What to work on
Repeat the data exactly as it stands.

====

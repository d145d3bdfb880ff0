-- ===== src/Base/SafeMath/ExactProducts.antt =====
-- Checked products and quotients of libHH/base/numerics/safe_math_impl.h, against the exact ones.
use lib_hh_old.Common.{
  ℕ, zero, suc, ◌<◌, ◌≤◌, ◌*◌, ◌/◌, ◌≡◌, refl, ◌⊎◌, inl, inr, Bool-cases, Option, none, some, leb,
  leb→le, arith,
}
use native.Mathlib.Nat.{le-div_iff_mul-le}
use lib_hh_old.Common.Int.{ℤ, pos, negsuc, pos_part, neg_part}
use lib_hh_old.Base.Numbers.{IntType, int, unsigned_int, int64, uint64, max_of, depth_of}
use lib_hh_old.Base.Numbers.Print.{IsValueOf}
use lib_hh_old.Base.SafeMath.{RangeConstraint, range_valid}
use lib_hh_old.Base.SafeMath.Exact.{IsExact}
use lib_hh_old.Base.SafeMath.Products.{
  times, quotient, dst_range_relation, narrow, product_range, defined_product, checked_mul,
}

-- An answer is exact, and there is none only for a 64-bit result that does not fit.
abbrev pub IsAnswer : IntType → ℤ → Option (ℤ × RangeConstraint) → Type 0
IsAnswer t z (some q) = IsExact t z q
IsAnswer t z none = (t ≡ int64) × ((max_of t < pos_part z) ⊎ (depth_of t < neg_part z))

pub narrow-IsExact : (t : IntType) (z : ℤ) → IsExact t z (narrow t z, dst_range_relation t z)
unfolding narrow dst_range_relation
narrow-IsExact int (pos n) = ground arith
narrow-IsExact int (negsuc n) = ground arith
narrow-IsExact unsigned_int (pos n) = ground arith
narrow-IsExact unsigned_int (negsuc n) = ground arith
narrow-IsExact int64 (pos n) = ground arith
narrow-IsExact int64 (negsuc n) = ground arith
narrow-IsExact uint64 (pos n) = ground arith
narrow-IsExact uint64 (negsuc n) = ground arith

-- The test by division, for a divisor that is not zero.
quotient-cases :
    (a b n : ℕ)
    → ((suc a ≤ n / suc b) × (suc a * suc b ≤ n)) ⊎ ((n / suc b < suc a) × (n < suc a * suc b))
quotient-cases a b n =
    let (to, from) = le-div_iff_mul-le {k = suc b} {x = suc a} {y = n} (omega arith) in
    elim (Bool-cases (leb (suc a) (n / suc b))) [
      | inl h ↦ let fits = leb→le (suc a) (n / suc b) h in inl (fits, to fits)
      | inr h ↦
          let less : n / suc b < suc a = ground arith in
          inr (
            less,
            elim (Bool-cases (leb (suc a * suc b) n)) [
              | inl h' ↦ let again = from (leb→le (suc a * suc b) n h') in absurd (omega arith)
              | inr h' ↦ ground arith
            ],
          )
    ]

mul64 : (x y : ℤ) → IsAnswer int64 (times x y) (checked_mul int64 range_valid x y)
unfolding checked_mul product_range defined_product times quotient
mul64 (pos zero) (pos b) = ground arith
mul64 (pos zero) (negsuc b) = let e : 0 * suc b ≡ 0 = omega arith in rw e (refl, omega arith)
mul64 (pos (suc a)) (pos zero) = ground arith
mul64 (pos (suc a)) (pos (suc b)) = elim (quotient-cases a b (max_of int64)) [
  | inl (h, h') ↦ ground arith
  | inr (h, h') ↦ ground arith
]
mul64 (pos (suc a)) (negsuc b) = elim (quotient-cases b a (depth_of int64)) [
  | inl (h, h') ↦ ground arith
  | inr (h, h') ↦ ground arith
]
mul64 (negsuc a) (pos zero) = let e : suc a * 0 ≡ 0 = omega arith in rw e (ground arith)
mul64 (negsuc a) (pos (suc b)) = elim (quotient-cases a b (depth_of int64)) [
  | inl (h, h') ↦ ground arith
  | inr (h, h') ↦ ground arith
]
mul64 (negsuc a) (negsuc b) = elim (quotient-cases b a (max_of int64)) [
  | inl (h, h') ↦ ground arith
  | inr (h, h') ↦ ground arith
]

mul-uint64 :
    (x y : ℤ)
    → IsValueOf uint64 x
    → IsValueOf uint64 y
    → IsAnswer uint64 (times x y) (checked_mul uint64 range_valid x y)
unfolding checked_mul times quotient narrow
mul-uint64 (negsuc a) y hx hy = absurd (omega arith)
mul-uint64 (pos a) (negsuc b) hx hy = absurd (omega arith)
mul-uint64 (pos zero) (pos b) hx hy = ground arith
mul-uint64 (pos (suc a)) (pos zero) hx hy = ground arith
mul-uint64 (pos (suc a)) (pos (suc b)) hx hy = elim (quotient-cases a b (max_of uint64)) [
  | inl (h, h') ↦ ground arith
  | inr (h, h') ↦ ground arith
]

-- For values of int, unsigned int, int64_t and uint64_t and a validity that is valid before the
-- call: CheckedMul says valid only of a product that fits the type, and then gives the exact
-- product; it says overflow only where the exact product is greater than every value of the type,
-- underflow only where it is less, and never invalid; and it is undefined only for int64_t, where
-- the product does not fit.
pub checked_mul-IsAnswer :
    (t : IntType) (x y : ℤ)
    → IsValueOf t x
    → IsValueOf t y
    → IsAnswer t (times x y) (checked_mul t range_valid x y)
unfolding checked_mul
checked_mul-IsAnswer int x y hx hy = narrow-IsExact int (times x y)
checked_mul-IsAnswer unsigned_int x y hx hy = narrow-IsExact unsigned_int (times x y)
checked_mul-IsAnswer int64 x y hx hy = mul64 x y
checked_mul-IsAnswer uint64 x y hx hy = mul-uint64 x y hx hy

====

Task solution
repository d145d3bdfb880ff0
-- ===== src/Base/SafeMath/ExactProducts.antt =====
-- Checked products and quotients of libHH/base/numerics/safe_math_impl.h, against the exact ones.
use lib_hh_old.Common.{
  ℕ, zero, suc, ◌<◌, ◌≤◌, ◌*◌, ◌/◌, ◌≡◌, refl, ◌⊎◌, inl, inr, Bool-cases, Option, none, some, leb,
  leb→le, arith,
}
use native.Mathlib.Nat.{le-div_iff_mul-le}
use lib_hh_old.Common.Int.{ℤ, pos, negsuc, pos_part, neg_part}
use lib_hh_old.Base.Numbers.{IntType, int, unsigned_int, int64, uint64, max_of, depth_of}
use lib_hh_old.Base.Numbers.Print.{IsValueOf}
use lib_hh_old.Base.SafeMath.{RangeConstraint, range_valid}
use lib_hh_old.Base.SafeMath.Exact.{IsExact}
use lib_hh_old.Base.SafeMath.Products.{
  times, quotient, dst_range_relation, narrow, product_range, defined_product, checked_mul,
}

-- An answer is exact, and there is none only for a 64-bit result that does not fit.
abbrev pub IsAnswer : IntType → ℤ → Option (ℤ × RangeConstraint) → Type 0
IsAnswer t z (some q) = IsExact t z q
IsAnswer t z none = (t ≡ int64) × ((max_of t < pos_part z) ⊎ (depth_of t < neg_part z))

pub narrow-IsExact : (t : IntType) (z : ℤ) → IsExact t z (narrow t z, dst_range_relation t z)
unfolding narrow dst_range_relation
narrow-IsExact int (pos n) = ground arith
narrow-IsExact int (negsuc n) = ground arith
narrow-IsExact unsigned_int (pos n) = ground arith
narrow-IsExact unsigned_int (negsuc n) = ground arith
narrow-IsExact int64 (pos n) = ground arith
narrow-IsExact int64 (negsuc n) = ground arith
narrow-IsExact uint64 (pos n) = ground arith
narrow-IsExact uint64 (negsuc n) = ground arith

-- The test by division, for a divisor that is not zero.
quotient-cases :
    (a b n : ℕ)
    → ((suc a ≤ n / suc b) × (suc a * suc b ≤ n)) ⊎ ((n / suc b < suc a) × (n < suc a * suc b))
quotient-cases a b n =
    let (to, from) = le-div_iff_mul-le {k = suc b} {x = suc a} {y = n} (omega arith) in
    elim (Bool-cases (leb (suc a) (n / suc b))) [
      | inl h ↦ let fits = leb→le (suc a) (n / suc b) h in inl (fits, to fits)
      | inr h ↦
          let less : n / suc b < suc a = ground arith in
          inr (
            less,
            elim (Bool-cases (leb (suc a * suc b) n)) [
              | inl h' ↦ let again = from (leb→le (suc a * suc b) n h') in absurd (omega arith)
              | inr h' ↦ ground arith
            ],
          )
    ]

mul64 : (x y : ℤ) → IsAnswer int64 (times x y) (checked_mul int64 range_valid x y)
unfolding checked_mul product_range defined_product times quotient
mul64 (pos zero) (pos b) = ground arith
mul64 (pos zero) (negsuc b) = let e : 0 * suc b ≡ 0 = omega arith in rw e (refl, omega arith)
mul64 (pos (suc a)) (pos zero) = ground arith
mul64 (pos (suc a)) (pos (suc b)) = elim (quotient-cases a b (max_of int64)) [
  | inl (h, h') ↦ ground arith
  | inr (h, h') ↦ ground arith
]
mul64 (pos (suc a)) (negsuc b) = elim (quotient-cases b a (depth_of int64)) [
  | inl (h, h') ↦ ground arith
  | inr (h, h') ↦ ground arith
]
mul64 (negsuc a) (pos zero) = let e : suc a * 0 ≡ 0 = omega arith in rw e (ground arith)
mul64 (negsuc a) (pos (suc b)) = elim (quotient-cases a b (depth_of int64)) [
  | inl (h, h') ↦ ground arith
  | inr (h, h') ↦ ground arith
]
mul64 (negsuc a) (negsuc b) = elim (quotient-cases b a (max_of int64)) [
  | inl (h, h') ↦ ground arith
  | inr (h, h') ↦ ground arith
]

mul-uint64 :
    (x y : ℤ)
    → IsValueOf uint64 x
    → IsValueOf uint64 y
    → IsAnswer uint64 (times x y) (checked_mul uint64 range_valid x y)
unfolding checked_mul times quotient narrow
mul-uint64 (negsuc a) y hx hy = absurd (omega arith)
mul-uint64 (pos a) (negsuc b) hx hy = absurd (omega arith)
mul-uint64 (pos zero) (pos b) hx hy = ground arith
mul-uint64 (pos (suc a)) (pos zero) hx hy = ground arith
mul-uint64 (pos (suc a)) (pos (suc b)) hx hy = elim (quotient-cases a b (max_of uint64)) [
  | inl (h, h') ↦ ground arith
  | inr (h, h') ↦ ground arith
]

-- For values of int, unsigned int, int64_t and uint64_t and a validity that is valid before the
-- call: CheckedMul says valid only of a product that fits the type, and then gives the exact
-- product; it says overflow only where the exact product is greater than every value of the type,
-- underflow only where it is less, and never invalid; and it is undefined only for int64_t, where
-- the product does not fit.
pub checked_mul-IsAnswer :
    (t : IntType) (x y : ℤ)
    → IsValueOf t x
    → IsValueOf t y
    → IsAnswer t (times x y) (checked_mul t range_valid x y)
unfolding checked_mul
checked_mul-IsAnswer int x y hx hy = narrow-IsExact int (times x y)
checked_mul-IsAnswer unsigned_int x y hx hy = narrow-IsExact unsigned_int (times x y)
checked_mul-IsAnswer int64 x y hx hy = mul64 x y
checked_mul-IsAnswer uint64 x y hx hy = mul-uint64 x y hx hy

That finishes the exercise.